Dla dorosłych

- Och, Anzelmie! Ty łamago. Mój dziadek jest lepszy w łóżku od ciebie. Ruszasz się jak mucha w smole.

- Robię, co mogę.

- To staraj się bardziej. Dryluj mnie jak drylownica wiśnie. Czemu przestałeś?

- Nasz syn stoi w drzwiach z otwartymi ustami.

- Może jest głodny.

- Chyba nas widzi. Niepotrzebnie pozapalałaś wszystkie światła.

- To idź i wytłumacz mu, co robimy.

Anzelm niechętnie zwlókł się z łóżka i podszedł do syna.

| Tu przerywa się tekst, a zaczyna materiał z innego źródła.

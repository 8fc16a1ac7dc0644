-- ===== src/Pmm/Tests.antt =====
-- The page allocator on a machine with eight pages, of which the first is taken.
use bloreos.Base.{
  ℕ, ◌+◌, ◌-◌, ◌/◌, ◌^◌, ◌≡◌, refl, Option, some, none, ◌==◌, if◌then◌else◌, Ram, arith, u64,
}
use bloreos.Atomic.{Outcome, returns, spins, halts, faults, spinlock_lock, spinlock_unlock}
use bloreos.Bitmap.{bitmap_test, test_byte}
use bloreos.Bitmap.Laws.{IsBytes}
use bloreos.Pmm.{Pmm, kalloc, kfree, find_run, collect, forward, get_addr_from_page, reserve_pages}
use bloreos.Pmm.Alloc.{IsValid, Kalloced, reserved, kalloc-Kalloced}
use bloreos.Pmm.Free.{kfree-kalloc}

abbrev first_taken : Ram
first_taken a = if a == 0 then 1 else 0

abbrev eight_pages : Pmm
eight_pages = record {
  lock = 0;
  max_pages_available = 8;
  lowest_address = 0x100000;
  page_bitmap = first_taken;
  vmm_higher_half_offset = 0;
  allocation_cursor = 0;
  num_pages_available = 7;
  entry_map = λ i. 0;
}

first_taken-IsBytes : IsBytes first_taken
first_taken-IsBytes a = ground arith

eight_pages-IsValid : IsValid eight_pages
eight_pages-IsValid = record {
  unlocked = refl;
  cursor_in = omega arith;
  small = omega arith;
  bytes = first_taken-IsBytes;
  low_word = omega arith;
  offset_word = omega arith;
}

kalloc-Kalloced_example : Kalloced eight_pages ((5000 + 4095) / 4096) (kalloc eight_pages 5000)
kalloc-Kalloced_example =
    kalloc-Kalloced eight_pages 5000 eight_pages-IsValid (omega arith) (omega arith)

abbrev state_of : Outcome Pmm (Option ℕ) → Pmm
state_of (returns p a) = p
state_of spins = eight_pages
state_of (halts p) = p
state_of faults = eight_pages

-- The manager after two pages were given.
abbrev two_given : Pmm
two_given = state_of (kalloc eight_pages 5000)

gives_two : kalloc eight_pages 5000 ≡ returns two_given (some 0x101000)
unfolding kalloc find_run collect forward get_addr_from_page bitmap_test test_byte spinlock_lock
    spinlock_unlock reserve_pages
gives_two = refl

kfree-kalloc_example :
    (p'' : Pmm) × (kfree two_given 0x101000 ≡ returns p'' none)
    × IsValid p''
    × ((i : ℕ) → reserved p'' i ≡ reserved eight_pages i)
    × (p''.num_pages_available
        ≡ u64 (eight_pages.num_pages_available + 2 ^ 64 - (5000 + 4095) / 4096))
kfree-kalloc_example =
    kfree-kalloc eight_pages two_given 5000 0x101000 eight_pages-IsValid (omega arith) (omega arith)
      gives_two
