-- ===== src/Ps2/Tests.antt =====
-- A key of the key map.
use bloreos.Base.{◌≡◌, some, [], get_or, arith}
use bloreos.Ps2.Keys.{key, key_map, register_keys}
use bloreos.Ps2.Table.{no_keys, register_keys_lem}

register_keys_lem_example :
    let keys = register_keys key_map no_keys in
    (keys.registered_twice ≡ [])
    × (keys.scancode_map (get_or key_map 1 (key 0 0 0)).scan_code
        ≡ some (get_or key_map 1 (key 0 0 0)))
register_keys_lem_example = register_keys_lem 1 (key 0 0 0) (omega arith)
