-- ===== src/Queue/Tests.antt =====
-- A queue of three words with one word in it, and what malloc may leave in the lock.
use bloreos.Base.{ℕ, ◌≡◌, Bool, some, [], ◌∷◌, arith}
use bloreos.Atomic.{returns, spins}
use bloreos.Queue.{CQueue, cqueue_create, cqueue_write, cqueue_read}
use bloreos.Queue.Fifo
use bloreos.Queue.Refine.{
  IsValid, contents, cqueue_write_refines, cqueue_read_refines, cqueue_create_stuck,
}

abbrev one_word : CQueue
one_word = record {
  read_i = 2;
  write_i = 0;
  buff = 5 ∷ 6 ∷ 7 ∷ [];
  len = 3;
  num_items = 1;
  lock = 0;
}

one_word-IsValid : IsValid one_word
one_word-IsValid = ground arith

cqueue_write_refines_example :
    (q' : CQueue) × (b : Bool) × (cqueue_write one_word 8 ≡ returns q' b)
    × IsValid q'
    × (q'.len ≡ 3)
    × ((contents q', b) ≡ Fifo.push 3 (contents one_word) 8)
cqueue_write_refines_example = cqueue_write_refines one_word 8 one_word-IsValid

cqueue_read_refines_example :
    (q' : CQueue) × (x : ℕ) × (cqueue_read one_word ≡ returns q' x)
    × IsValid q'
    × (q'.len ≡ 3)
    × (Fifo.pop (contents one_word) ≡ some (contents q', x))
cqueue_read_refines_example = cqueue_read_refines one_word one_word-IsValid (omega arith)

cqueue_create_stuck_example :
    (cqueue_write (cqueue_create (9 ∷ 9 ∷ []) 1 2) 8 ≡ spins)
    × (cqueue_read (cqueue_create (9 ∷ 9 ∷ []) 1 2) ≡ spins)
cqueue_create_stuck_example = cqueue_create_stuck (9 ∷ 9 ∷ []) 1 2 8 (omega arith)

- Wiesz, ja tylko mierzyłem temperaturę.

- Ty to potrafisz być bezpośredni – warknęła żona.

- Jest taki narząd do którego coś się wkłada, a potem wyjmuje coś zupełnie innego. O rety. Chodźmy się napić.

- Tato, ale ja jeszcze jestem niepełnoletni.

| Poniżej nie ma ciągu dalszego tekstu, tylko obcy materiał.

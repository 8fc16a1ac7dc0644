-- ===== src/Slob/Held.antt =====
-- The bytes that the free list holds.
use bloreos.Base.{
  ℕ, ◌+◌, ◌<◌, ◌^◌, ◌≡◌, refl, Bool, true, false, ◌||◌, Option, none, some, List, [], ◌∷◌, arith,
  leb, ◌==◌, if◌then◌else◌, Bool-cases, inl, inr, u64,
}
use bloreos.Boot.{Region, usable}
use bloreos.Boot.Regions.{inside, times_covered}
use bloreos.Slob.{SlobEntry, slob_entries, skip, take_entry, header_size}

-- How many entries of the free list hold the byte x.
abbrev pub times_held : List SlobEntry → ℕ → ℕ
times_held [] x = 0
times_held (e ∷ es) x = (if inside e.base e.length x then 1 else 0) + times_held es x

-- No entry reaches past the address space.
abbrev pub EntriesEnd : List SlobEntry → Type 0
EntriesEnd [] = Unit {0}
EntriesEnd (e ∷ es) = (e.base + e.length < 2 ^ 64) × EntriesEnd es

abbrev pub has_entry : ℕ → List SlobEntry → Bool
has_entry size [] = false
has_entry size (e ∷ es) = leb (size + header_size) e.length || has_entry size es

-- The list that slob_init builds holds every byte as often as the usable regions of the memory map
-- have it.
pub slob_entries-held :
    (rs : List Region) (node x : ℕ) → times_held (slob_entries node rs) x ≡ times_covered rs x
unfolding slob_entries
slob_entries-held [] node x = refl
slob_entries-held (r ∷ rs) node x = elim (Bool-cases (r.kind == usable)) [
  | inl u ↦ ground (arith, slob_entries-held rs (node + 24) x)
  | inr n ↦ ground (arith, slob_entries-held rs node x)
]

abbrev pub Taken : ℕ → List SlobEntry → Option (ℕ × List SlobEntry) → Type 0
Taken size es none = has_entry size es ≡ false
Taken size es (some (a, es')) =
    (has_entry size es ≡ true)
    × EntriesEnd es'
    × (a + (size + header_size) < 2 ^ 64)
    × ((x : ℕ)
        → times_held es x ≡ times_held es' x + (if inside a (size + header_size) x then 1 else 0))

skip-Taken :
    (size : ℕ) (e : SlobEntry) (es : List SlobEntry) (o : Option (ℕ × List SlobEntry))
    → leb (size + header_size) e.length ≡ false
    → e.base + e.length < 2 ^ 64
    → Taken size es o
    → Taken size (e ∷ es) (skip e o)
unfolding skip
skip-Taken size e es none f b t = rw (f, t)
skip-Taken size e es (some (a, es')) f b t = (rw (f, t.0), (b, t.1), t.2, λ x. omega (arith, t.3 x))

pub take_entry-Taken :
    (size : ℕ) (es : List SlobEntry)
    → size + header_size < 2 ^ 64
    → EntriesEnd es
    → Taken size es (take_entry size es)
unfolding take_entry
take_entry-Taken size [] small b = refl
take_entry-Taken size (e ∷ es) small b =
    let word : u64 (size + header_size) ≡ size + header_size = omega arith in
    let word' : u64 (header_size + size) ≡ size + header_size = omega arith in
    rw (word, word')
      (elim (Bool-cases (leb (size + header_size) e.length)) [
        | inl f ↦ rw f (rw f, (ground arith, b.1), ground arith, λ x. ground arith)
        | inr f ↦
            rw f
              (skip-Taken size e es (take_entry size es) f b.0 (take_entry-Taken size es small b.1))
      ])
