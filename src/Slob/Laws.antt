-- ===== src/Slob/Laws.antt =====
-- slob_malloc and slob_free, as operations on the bytes that the free list holds.
use bloreos.Base.{
  ℕ, ◌+◌, ◌-◌, ◌≤◌, ◌<◌, ◌^◌, ◌≡◌, refl, ap, ◌∙◌, ◌≢◌, true, false, Option, none, some, List, ◌∷◌,
  arith, if◌then◌else◌, Ram, update, update_ne, u64,
}
use bloreos.Atomic.{Outcome, returns, spins, halts, faults}
use bloreos.Boot.{Map}
use bloreos.Boot.Regions.{inside}
use bloreos.Slob.{
  SlobEntry, Slob, header_size, entry_size, take_entry, hand_out, slob_search, slob_malloc,
  give_back, slob_free,
}
use bloreos.Slob.Held.{times_held, EntriesEnd, has_entry, Taken, take_entry-Taken}

pub record IsValid (s : Slob) : Type 0 where
  pub started : s.init ≡ 1
  pub ends : EntriesEnd s.entries
  pub once : (x : ℕ) → times_held s.entries x ≤ 1
  pub offset_word : s.memory.vmm_higher_half_offset < 2 ^ 64

-- slob_malloc gave the stretch of size + 8 bytes at the physical address `start`.
pub record Given (s : Slob) (size : ℕ) (s' : Slob) (ptr : ℕ) : Type 0 where
  pub start : ℕ
  pub points : ptr ≡ u64 (start + header_size + s.memory.vmm_higher_half_offset)
  pub ends : start + (size + header_size) < 2 ^ 64
  pub headers :
      s'.heap ≡ update s.heap (u64 (start + s.memory.vmm_higher_half_offset)) (size + header_size)
  pub same_memory : s'.memory ≡ s.memory
  pub had_room : has_entry size s.entries ≡ true
  pub held :
      (x : ℕ)
      → times_held s.entries x
        ≡ times_held s'.entries x + (if inside start (size + header_size) x then 1 else 0)
  pub valid : IsValid s'

abbrev pub Malloced : Slob → ℕ → Outcome Slob (Option ℕ) → Type 0
Malloced s size (returns s' (some ptr)) = Given s size s' ptr
Malloced s size (returns s' none) = (s' ≡ s) × (has_entry size s.entries ≡ false)
Malloced s size spins = ⊥
Malloced s size (halts s') = ⊥
Malloced s size faults = ⊥

hand_out-Malloced :
    (s : Slob) (size : ℕ) (o : Option (ℕ × List SlobEntry))
    → IsValid s
    → size + header_size < 2 ^ 64
    → Taken size s.entries o
    → Malloced s size (hand_out s size o)
unfolding hand_out
hand_out-Malloced s size none v small t = (refl, t)
hand_out-Malloced s size (some (a, es)) v small t = record {
  start = a;
  points = refl;
  ends = t.2;
  headers = let e : u64 (header_size + size) ≡ size + header_size = omega arith in rw e;
  same_memory = refl;
  had_room = t.0;
  held = t.3;
  valid = record {
    started = v.started;
    ends = t.1;
    once = λ x. omega (arith, t.3 x, v.once x);
    offset_word = v.offset_word;
  };
}

slob_malloc_open :
    (s : Slob) (before : Ram) (size : ℕ)
    → s.init ≡ 1
    → slob_malloc s before size ≡ hand_out s size (take_entry size s.entries)
unfolding slob_malloc slob_search
slob_malloc_open s before size e = ground arith

-- slob_malloc from a well-formed free list, of a size that with the eight bytes of the header stays
-- below 2^64, returns. NULL means that no entry has the size and eight
-- bytes more, and changes nothing. A pointer stands eight bytes behind the start of a stretch of
-- that many bytes, whose header records the length; the free list loses those bytes and no others,
-- and stays well formed.
pub slob_malloc-Malloced :
    (s : Slob) (before : Ram) (size : ℕ)
    → IsValid s
    → size + header_size < 2 ^ 64
    → Malloced s size (slob_malloc s before size)
slob_malloc-Malloced s before size v small = rw (slob_malloc_open s before size v.started) (
    hand_out-Malloced s size (take_entry size s.entries) v small
      (take_entry-Taken size s.entries small v.ends))

-- The length bytes from the physical address `start` are in nobody's hands but the caller's.
pub record IsLive (s : Slob) (start length : ℕ) : Type 0 where
  pub header : s.heap (u64 (start + s.memory.vmm_higher_half_offset)) ≡ length
  pub ends : start + length < 2 ^ 64
  pub some_bytes : header_size ≤ length
  pub not_held : (x : ℕ) → inside start length x ≡ true → times_held s.entries x ≡ 0

-- slob_free took back the bytes, and kept 32 others at `node` for the new entry and its header.
pub record Freed (s : Slob) (start length : ℕ) (s' : Slob) : Type 0 where
  pub node : ℕ
  pub held :
      (x : ℕ)
      → times_held s'.entries x + (if inside node (entry_size + header_size) x then 1 else 0)
        ≡ times_held s.entries x + (if inside start length x then 1 else 0)
  pub node_held :
      (x : ℕ) → inside node (entry_size + header_size) x ≡ true → times_held s.entries x ≡ 1
  pub valid : IsValid s'

module _ (s s' : Slob) (start length ptr : ℕ) (v : IsValid s) (l : IsLive s start length)
    (g : Given s entry_size s' ptr) where
  offset_kept : s'.memory.vmm_higher_half_offset ≡ s.memory.vmm_higher_half_offset
  offset_kept = ap (λ (m : Map). m.vmm_higher_half_offset) g.same_memory

  node_elsewhere : start ≢ g.start
  node_elsewhere e = omega (arith, l.not_held start (ground arith), here)
    where
      here : 1 ≤ times_held s.entries start
      here = ground (arith, g.held start)

  base_back :
      u64
        (u64 (start + s.memory.vmm_higher_half_offset) + 2 ^ 64 - s'.memory.vmm_higher_half_offset)
      ≡ start
  base_back = omega (arith, offset_kept, l.ends, v.offset_word)

  header_kept : s'.heap (u64 (start + s.memory.vmm_higher_half_offset)) ≡ length
  header_kept =
      ap (λ (h : Ram). h (u64 (start + s.memory.vmm_higher_half_offset))) g.headers
      ∙ update_ne s.heap (u64 (g.start + s.memory.vmm_higher_half_offset))
          (u64 (start + s.memory.vmm_higher_half_offset)) (entry_size + header_size)
          (λ e. node_elsewhere (omega (arith, e, l.ends, g.ends, v.offset_word)))
      ∙ l.header

  back : SlobEntry
  back = record {
    node = ptr;
    base =
        u64 (
          u64 (start + s.memory.vmm_higher_half_offset)
          + 2 ^ 64
          - s'.memory.vmm_higher_half_offset);
    length = s'.heap (u64 (start + s.memory.vmm_higher_half_offset));
  }

  give_back-Freed :
      (s'' : Slob) × (give_back
          (u64 (start + s.memory.vmm_higher_half_offset))
          (returns s' (some ptr))
        ≡ returns s'' none)
      × Freed s start length s''
  unfolding give_back back
  give_back-Freed = (
    record s' { entries = back ∷ s'.entries },
    refl,
    record {
      node = g.start;
      held = λ x. rw (base_back, header_kept) (omega (arith, g.held x));
      node_held = λ x h. ground (arith, g.held x, v.once x);
      valid = record {
        started = g.valid.started;
        ends = (rw (base_back, header_kept) l.ends, g.valid.ends);
        once = λ x. rw (base_back, header_kept) (ground (arith, l.not_held x, g.held x, v.once x));
        offset_word = g.valid.offset_word;
      };
    },
  )

header_of :
    (s : Slob) (start : ℕ) {length : ℕ}
    → IsValid s
    → IsLive s start length
    → u64 (u64 (start + header_size + s.memory.vmm_higher_half_offset) + 2 ^ 64 - header_size)
      ≡ u64 (start + s.memory.vmm_higher_half_offset)
header_of s start v l = omega arith

-- slob_free of a live block, where some entry has room for a node of 32 bytes, returns: the free
-- list gains exactly the bytes of the block, loses exactly the 32 bytes of the node, which it held
-- before, and stays well formed.
pub slob_free-Freed :
    (s : Slob) (before : Ram) (start length : ℕ)
    → IsValid s
    → IsLive s start length
    → has_entry entry_size s.entries ≡ true
    → (s' : Slob) × (slob_free s before
          (u64 (start + header_size + s.memory.vmm_higher_half_offset))
        ≡ returns s' none)
      × Freed s start length s'
unfolding slob_free
slob_free-Freed s before start length v l room = rw (header_of s start v l) (
    finish (slob_malloc s before entry_size)
      (slob_malloc-Malloced s before entry_size v (omega arith)))
  where
    finish :
        (o : Outcome Slob (Option ℕ))
        → Malloced s entry_size o
        → (s' : Slob) × (give_back (u64 (start + s.memory.vmm_higher_half_offset)) o
            ≡ returns s' none)
          × Freed s start length s'
    finish (returns s' (some ptr)) g = give_back-Freed s s' start length ptr v l g
    finish (returns s' none) g = cc
    finish spins g = absurd g
    finish (halts s') g = absurd g
    finish faults g = absurd g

- To nic. Strzelimy sobie tylko po jednym.

Klara podeszła do okna i zasunęła zasłony. Sąsiad z naprzeciwka znów ich podglądał przez lornetkę, ale płacił jej dychę za godzinę, więc nie miała pretensji. Nagle z szafy dobiegł cichy głos:

- Mogę już wyjść?

Klara zajrzała do środka. Siedział tam facet w samych slipach.

- Jeszcze nie poszedłeś? – zdziwiła się.

- Twój mąż za wcześnie wrócił z pracy. Gdzie są moje ubrania?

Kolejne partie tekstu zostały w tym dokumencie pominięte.